Friday, 4 September 2015

Heat

Constant heat stagnates time. In our airbnb (more appropriately, airless bnb) it's less intolerable at night, but still stifling, so it might as well be the middle of the day.  At night, I wake panting for air, as though in the grip of a dragging illness. Leo doesn't sleep well and, lacking diurnal temperature cues, his metabolism becomes untethered. Yesterday he had dinner at 7am and breakfast at lunchtime. With the hours coagulating we are trapped in lassitude. Physical movement slows and mental agility declines; even novels become an effort.

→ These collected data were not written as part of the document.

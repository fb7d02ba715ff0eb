-- ===== src/Remote/Account.antt =====
-- The program of src/wpa_ex.c with the control interface over UDP (src/wpa_ctrl/wpa_ctrl.c), from opening on.
use wpa_supplicant_ex.Shared.{ℕ, ◌⊎◌, List, Bool, true}
use wpa_supplicant_ex.Kernel.{Outcome, returned, exited, waiting, spent, exit_success, exit_failure}
use wpa_supplicant_ex.Kernel.Traffic.{Traffic, traffic}
use wpa_supplicant_ex.Ctrl.{attach_command}
use wpa_supplicant_ex.Ctrl.Attach.{ok_text}
use wpa_supplicant_ex.Port.Always.{IsCompleteRun, IsAccounted}
use wpa_supplicant_ex.Remote.{UdpCtrl}
use wpa_supplicant_ex.Remote.Asking.{IsOpening, IsLeft}
use wpa_supplicant_ex.Remote.Control.{wire}

module _ (malloc : List ℕ → Bool) (t : Traffic) where
  -- Opening has given a connection with `s` as the traffic from there on.
  abbrev Opened : (UdpCtrl → Traffic → Type 0) → Type 0
  Opened P = (c : UdpCtrl) × (s : Traffic) × IsOpening c.cookie t s × P c s

  abbrev IsLeftOrAccounted : Traffic → Type 0
  IsLeftOrAccounted u =
      IsLeft t u
      ⊎ Opened
          (λ c s. IsAccounted (wire malloc c) (wire malloc c (attach_command true)) ok_text s u)

  -- How a run ends that starts with the traffic `t`.
  abbrev pub KeepsAccountUdp : Outcome (Unit {0}) → Type 0
  KeepsAccountUdp (returned x w) = ⊥
  KeepsAccountUdp (exited exit_success w) = Opened (λ c s.
      IsCompleteRun (wire malloc c) (wire malloc c (attach_command true)) ok_text s (traffic w))
  KeepsAccountUdp (exited (exit_failure m) w) = IsLeftOrAccounted (traffic w)
  KeepsAccountUdp (waiting w) = IsLeftOrAccounted (traffic w)
  KeepsAccountUdp spent = ⊥
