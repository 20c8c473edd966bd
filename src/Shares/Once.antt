-- ===== src/Shares/Once.antt =====
-- `payShare` in whole, and a second payment of the same share (booking-share.service.ts).
use ardenne_padel_v.Shares.Refusals.{IsLinkValid, IsRefused, pay_expired, pay_paid, pay_branches}
use ardenne_padel_v.Guarantees.Store.{GuaranteesDb}
use ardenne_padel_v.Shares.Store.{
  share_open, share_invited, payment_pending, share_paid, BookingShareFundingSource, BookingShare,
  SharesDb, find_share_by_id, has_token, find_by_token_hash, is_payable, is_share_paid,
  set_share_status,
}
use ardenne_padel_v.Shares.Rows.{share_key, transition_miss}
use ardenne_padel_v.Prelude.{
  if◌then◌else◌, Bool-cases, invitation_expired, Error, app_error, Result, ok, err, then_answer, ℕ,
  ◌≡◌, refl, ap, ◌⊎◌, inl, inr, true, false, Option, some,
}
use ardenne_padel_v.Payments.{PaymentProvider}
use ardenne_padel_v.Shares.{
  has_expired, Evidence, take_money, written, paid_with, already_paid, pay_found, pay_share,
}
use ardenne_padel_v.Prelude.Action.{Action}
use ardenne_padel_v.Prelude.Keyed.{IsKeyed, find_by-key}
use ardenne_padel_v.Shares.Paid.{Restored, IsSettled, pay_found_lem}
use ardenne_padel_v.Guarantees.{release_for_paid_share}

-- What the share has after a payment: its payer, source and time, and everything else of an
-- invitation as it was
abbrev pub IsPaidAs :
    ℕ → ℕ → BookingShareFundingSource → Evidence → BookingShare → BookingShare → Type 0
IsPaidAs now payer source evidence share paid =
    (paid.status ≡ share_paid)
    × (paid.funding_source ≡ some source)
    × (paid.paid_by_user_id ≡ some payer)
    × (paid.paid_at ≡ some now)
    × (paid.id ≡ share.id)
    × (paid.booking_id ≡ share.booking_id)
    × (paid.total_amount_cents ≡ share.total_amount_cents)
    × (paid.payment_id ≡ written evidence.payment_id share.payment_id)
    × (paid.wallet_transaction_id ≡ written evidence.wallet_ref share.wallet_transaction_id)

-- The payment step has answered: the row is paid, and the organiser's guarantee is released. An
-- exception of the release is thrown on.
abbrev pub PaysShare :
    ℕ
    → ℕ
    → ℕ
    → BookingShareFundingSource
    → BookingShare
    → Action GuaranteesDb Evidence
    → SharesDb
    → Result (Option BookingShare) × SharesDb
    → Type 0
PaysShare now payer hash source share money db (r, db') =
    let released =
      release_for_paid_share now share.booking_id share.total_amount_cents (money db.base).1 in
    (evidence : Evidence) × (paid : BookingShare) × ((money db.base).0 ≡ ok evidence)
    × IsPaidAs now payer source evidence share paid
    × (find_by_token_hash hash db' ≡ some paid)
    × (db'.base ≡ released.1)
    × (r ≡ then_answer released.0 (some paid))

-- For the share that a token belongs to, where no two shares have the same id: `payShare` throws and
-- changes nothing exactly if the link has expired, or the share is PAID, or it is neither OPEN nor
-- INVITED. Otherwise it runs the payment step, from the wallet or by card. If the step throws,
-- `payShare` throws the same, what the step has written stays, and the share is as it was before. If
-- the step answers, the share is paid by this payer, from this source and at this time, and the
-- organiser's guarantee is released by its amount.
pub pay_share_lem :
    (provider : PaymentProvider) (now hash payer : ℕ) (source : BookingShareFundingSource)
    (method : Option ℕ) (share : BookingShare) (db : SharesDb)
    → find_by_token_hash hash db ≡ some share
    → IsKeyed share_key db.shares
    → let r = pay_share provider now hash payer source method db in
      let money = take_money provider payer source method share in
      IsRefused now share db r
      ⊎ (IsLinkValid now share
          × ((share.status ≡ share_open) ⊎ (share.status ≡ share_invited))
          × (Restored now payer hash source share money db r
              ⊎ PaysShare now payer hash source share money db r))
pay_share_lem provider now hash payer source method share db found keyed =
    elim (pay_branches provider now hash payer source method share db found) [
      | inl thrown ↦ inl thrown
      | inr (valid, status, c, e) ↦ inr (
        valid,
        status,
        rw e (elim (pay_found_lem provider now hash payer source method share db keyed found c) [
          | inl back ↦ inl back
          | inr done ↦ inr (
            done.evidence,
            paid_with now payer source done.evidence share,
            done.step,
            (refl, refl, refl, refl, refl, refl, refl, refl, refl),
            done.paid,
            done.released,
            done.answer,
          )
        ]),
      )
    ]

-- A request that has read a share before another one claimed or paid it
pub late_request :
    (provider : PaymentProvider) (now payer : ℕ) (source : BookingShareFundingSource)
    (method : Option ℕ) (old current : BookingShare) (db : SharesDb)
    → IsKeyed share_key db.shares
    → find_share_by_id current.id db ≡ some current
    → old.id ≡ current.id
    → is_payable current.status ≡ false
    → pay_found provider now payer source method old db ≡ (err already_paid, db)
unfolding pay_found
late_request provider now payer source method old current db keyed found same off =
    let missed =
      transition_miss is_payable (set_share_status payment_pending) db {x = current} keyed found
        off in
    rw (same, missed)

-- The exception for a share that has been paid
abbrev pub paid_refusal : ℕ → BookingShare → Error
paid_refusal now share =
    if has_expired now share.invitation_expires_at
    then app_error invitation_expired 410
    else already_paid

again_refused :
    (provider : PaymentProvider) (now hash payer : ℕ) (source : BookingShareFundingSource)
    (method : Option ℕ) (share : BookingShare) (db : SharesDb)
    → find_by_token_hash hash db ≡ some share
    → is_share_paid share.status ≡ true
    → pay_share provider now hash payer source method db ≡ (err (paid_refusal now share), db)
again_refused provider now hash payer source method share db found paid =
    elim (Bool-cases (has_expired now share.invitation_expires_at)) [
      | inl e ↦ rw e (pay_expired provider now hash payer source method share db found e)
      | inr e ↦ rw e (pay_paid provider now hash payer source method share db found e paid)
    ]

no_answer :
    (now : ℕ) (share : BookingShare) (db : SharesDb) {answer : Option BookingShare}
    (r : Result (Option BookingShare) × SharesDb)
    → IsRefused now share db r
    → ¬ (r.0 ≡ ok answer)
no_answer now share db r (inl (_, e)) h = cc (ap (λ x. x.0) e, h)
no_answer now share db r (inr (inl (_, _, e))) h = cc (ap (λ x. x.0) e, h)
no_answer now share db r (inr (inr (_, _, e))) h = cc (ap (λ x. x.0) e, h)

-- For the share that a token belongs to, where no two shares have the same id: once a `payShare` has
-- succeeded, a further one with this token throws and changes nothing, for any payer and source, at
-- any time: it says that the link has expired, or that the share is paid. So does one that had read the share before the first began.
pub paid_once :
    (provider other_provider : PaymentProvider) (now hash payer now' payer' : ℕ)
    (source source' : BookingShareFundingSource) (method method' : Option ℕ) (share : BookingShare)
    (answer : Option BookingShare) (db : SharesDb)
    → find_by_token_hash hash db ≡ some share
    → IsKeyed share_key db.shares
    → (pay_share provider now hash payer source method db).0 ≡ ok answer
    → let (_, db') = pay_share provider now hash payer source method db in
      (pay_share other_provider now' hash payer' source' method' db'
        ≡ (err (paid_refusal now' share), db'))
      × (pay_found other_provider now' payer' source' method' share db' ≡ (err already_paid, db'))
paid_once provider other_provider now hash payer now' payer' source source' method method' share
      answer db found keyed e =
    elim (pay_branches provider now hash payer source method share db found) [
      | inl thrown ↦ absurd (no_answer now share db _ thrown e)
      | inr (_, _, payable, eq) ↦
          let money = take_money provider payer source method share in
          let r = pay_share provider now hash payer source method db in
          let outcome : Restored now payer hash source share money db r
              ⊎ IsSettled now payer hash source share money db r =
            rw eq
              (pay_found_lem provider now hash payer source method share db keyed found payable) in
          elim outcome [
            | inl back ↦ cc (let no : err back.thrown ≡ ok answer = rw back.answer at e in no)
            | inr done ↦
                let paid = paid_with now payer source done.evidence share in
                (
                  again_refused other_provider now' hash payer' source' method' paid r.1 done.paid
                      refl,
                  late_request other_provider now' payer' source' method' share paid r.1
                      done.still_keyed
                      (find_by-key share_key (has_token hash) r.1.shares done.still_keyed done.paid)
                      refl refl,
                )
          ]
    ]
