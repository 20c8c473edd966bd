-- ===== src/Shares/Tests.antt =====
-- Concrete shares.
use ardenne_padel_v.Shares.Refusals.{IsLinkValid, IsRefused}
use ardenne_padel_v.Wallet.Accounts.{IsAccountOf}
use ardenne_padel_v.Shares.Store.{
  share_open, share_invited, share_paid, wallet_funds, external_funds, BookingShare, SharesDb,
  transition_share,
}
use ardenne_padel_v.Shares.Rows.{share_key}
use ardenne_padel_v.Prelude.{
  pos, ◌+ℤ◌, plain_error, Result, ok, err, ◌+◌, ◌≡◌, refl, ◌⊎◌, Option, none, some, [], ◌∷◌, arith,
}
use ardenne_padel_v.Prelude.Keyed.{IsKeyed}
use ardenne_padel_v.Wallet.Store.{
  WalletAccount, WalletDb, sum_where, get_balance_total_cents, get_balance_by_origin, sum_active,
  get_reserved_cents,
}
use ardenne_padel_v.Wallet.Allocation.{breakdown_total}
use ardenne_padel_v.Wallet.Solvency.{IsValid}
use ardenne_padel_v.Payments.{
  PaymentIntentStatus, requires_action, requires_capture, succeeded, PaymentProvider,
  create_payment_row, update_payment_status, ensure_stripe_customer,
}
use ardenne_padel_v.Guarantees.{release_for_paid_share}
use ardenne_padel_v.Shares.{
  get_share_by_token, take_from_wallet, capture_share, take_from_card, take_money, paid_with,
  already_paid, finish_share, take_or_restore, pay_found, pay_share,
}
use ardenne_padel_v.Shares.Paid.{Restored}
use ardenne_padel_v.Shares.Once.{PaysShare, pay_share_lem, paid_once}
use ardenne_padel_v.Shares.FromWallet.{PaysOrLacks, take_from_wallet_lem}

abbrev no_wallet : WalletDb
no_wallet = record { accounts = []; transactions = []; holds = []; next_id = 1 }

no_wallet-IsValid : IsValid no_wallet
unfolding get_balance_total_cents get_balance_by_origin get_reserved_cents sum_where sum_active
    breakdown_total ◌+ℤ◌
no_wallet-IsValid = record {
  solvent = λ a. record {
    origins = record {
      paid_nonneg = omega arith;
      bonus_nonneg = omega arith;
      admin_comp_nonneg = omega arith;
    };
    summed = refl;
    covered = omega arith;
  };
  holds_fresh = tt;
  holds_distinct = tt;
  holds_nonneg = tt;
}

-- A provider that gives a payment this status at once.
abbrev answering : PaymentIntentStatus → PaymentProvider
answering status = record {
  create_customer = λ user. ok (100 + user);
  create_payment =
      λ input. ok (record { provider_payment_id = 77; status = status; client_secret = none });
  confirm_or_capture =
      λ id. ok (record { provider_payment_id = id; status = succeeded; client_secret = none });
  charge_saved_method = λ input. err plain_error;
}

abbrev invited : BookingShare
invited = record {
  id = 2;
  booking_id = 9;
  total_amount_cents = pos 800;
  status = share_invited;
  funding_source = none;
  paid_by_user_id = none;
  payment_id = none;
  wallet_transaction_id = none;
  invitation_token_hash = some 55;
  invitation_expires_at = some 1000;
  paid_at = none;
}

abbrev organizer : BookingShare
organizer = record invited {
  id = 1;
  status = share_paid;
  invitation_token_hash = none;
  invitation_expires_at = none;
}

abbrev tables : SharesDb
tables = record {
  base = record {
    wallet = no_wallet;
    payments = record {
      payments = [];
      users = record { id = 4; stripe_customer_id = none } ∷ [];
      requests = [];
      next_id = 1;
    };
    guarantees = [];
  };
  shares = organizer ∷ invited ∷ [];
}

tables-IsKeyed : IsKeyed share_key tables.shares
tables-IsKeyed = ((λ e. cc, tt), (tt, tt))

abbrev by_card : SharesDb → PaymentIntentStatus → Result (Option BookingShare) × SharesDb
by_card db status = pay_share (answering status) 500 55 4 external_funds (some 6) db

abbrev card_paid : BookingShare
card_paid =
    paid_with 500 4 external_funds (record { payment_id = some 1; wallet_ref = none }) invited

paid_by_capture : (by_card tables requires_capture).0 ≡ ok (some card_paid)
unfolding pay_share get_share_by_token pay_found take_or_restore finish_share transition_share
    take_money take_from_card capture_share release_for_paid_share ensure_stripe_customer
    create_payment_row update_payment_status
paid_by_capture = refl

-- The provider still waits for the payer to confirm the payment: the share is paid all the same.
paid_without_money : (by_card tables requires_action).0 ≡ ok (some card_paid)
unfolding pay_share get_share_by_token pay_found take_or_restore finish_share transition_share
    take_money take_from_card capture_share release_for_paid_share ensure_stripe_customer
    create_payment_row update_payment_status
paid_without_money = refl

pay_share_lem_example :
    let r = by_card tables requires_capture in
    let money = take_money (answering requires_capture) 4 external_funds (some 6) invited in
    IsRefused 500 invited tables r
    ⊎ (IsLinkValid 500 invited
        × ((invited.status ≡ share_open) ⊎ (invited.status ≡ share_invited))
        × (Restored 500 4 55 external_funds invited money tables r
            ⊎ PaysShare 500 4 55 external_funds invited money tables r))
pay_share_lem_example =
    pay_share_lem (answering requires_capture) 500 55 4 external_funds (some 6) invited tables refl
      tables-IsKeyed

paid_once_example :
    let (_, db') = by_card tables requires_capture in
    (pay_share (answering succeeded) 600 55 5 wallet_funds none db' ≡ (err already_paid, db'))
    × (pay_found (answering succeeded) 600 5 wallet_funds none invited db'
        ≡ (err already_paid, db'))
paid_once_example =
    paid_once (answering requires_capture) (answering succeeded) 500 55 4 600 5 external_funds
      wallet_funds (some 6) none invited (some card_paid) tables refl tables-IsKeyed paid_by_capture

take_from_wallet_lem_example :
    (a : WalletAccount) × IsAccountOf 4 a tables.base.wallet
      (take_from_wallet 4 invited tables.base).1.wallet.accounts
    × PaysOrLacks (pos 800) a tables.base (take_from_wallet 4 invited tables.base)
take_from_wallet_lem_example =
    take_from_wallet_lem 4 invited tables.base no_wallet-IsValid (omega arith)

Expansive plans to visit unmissable outlying towns, hatched on the terrace at midnight, are snagged in sleep-deprived torpor by morning. Lofty aspirations to plumb the city's Renaissance heart decay into flaneurism as we trawl back streets for coffee and gelateria through an enervating concoction of limpid heat and acrid cigarette smoke.  In the apartment, the reluctant air conditioner shreds stale air.

Like the students whose quarter of the city we share, we become nocturnal, venturing out late in the evening when languor has dissipated to merriment.  In the porticoed arcades, meandering locals make unsignalled pauses to greet lounging acquaintances or josh with friends occupying cafe tables punctuating the thoroughfare. Our usual urgent pace dwindles as we rein in urban briskness to avoid trampling them on the crowded pavements.  In an accelerated evolution, over a few days, our higher latitude behaviour has adapted to this new environment, a microcosm of climate change.

Retail life has adopted split shifts to foil the oppressive climate but the evening sessions are too short to compensate for afternoon closing. Topping up supper provisions at a supermarket, our request for a slice of succulent rare beef was turned down. "Five minutes to closing" was the gnomic response. I indulged in a momentary northern European fury before realising how neatly his phrase captured the Italian leitmotif.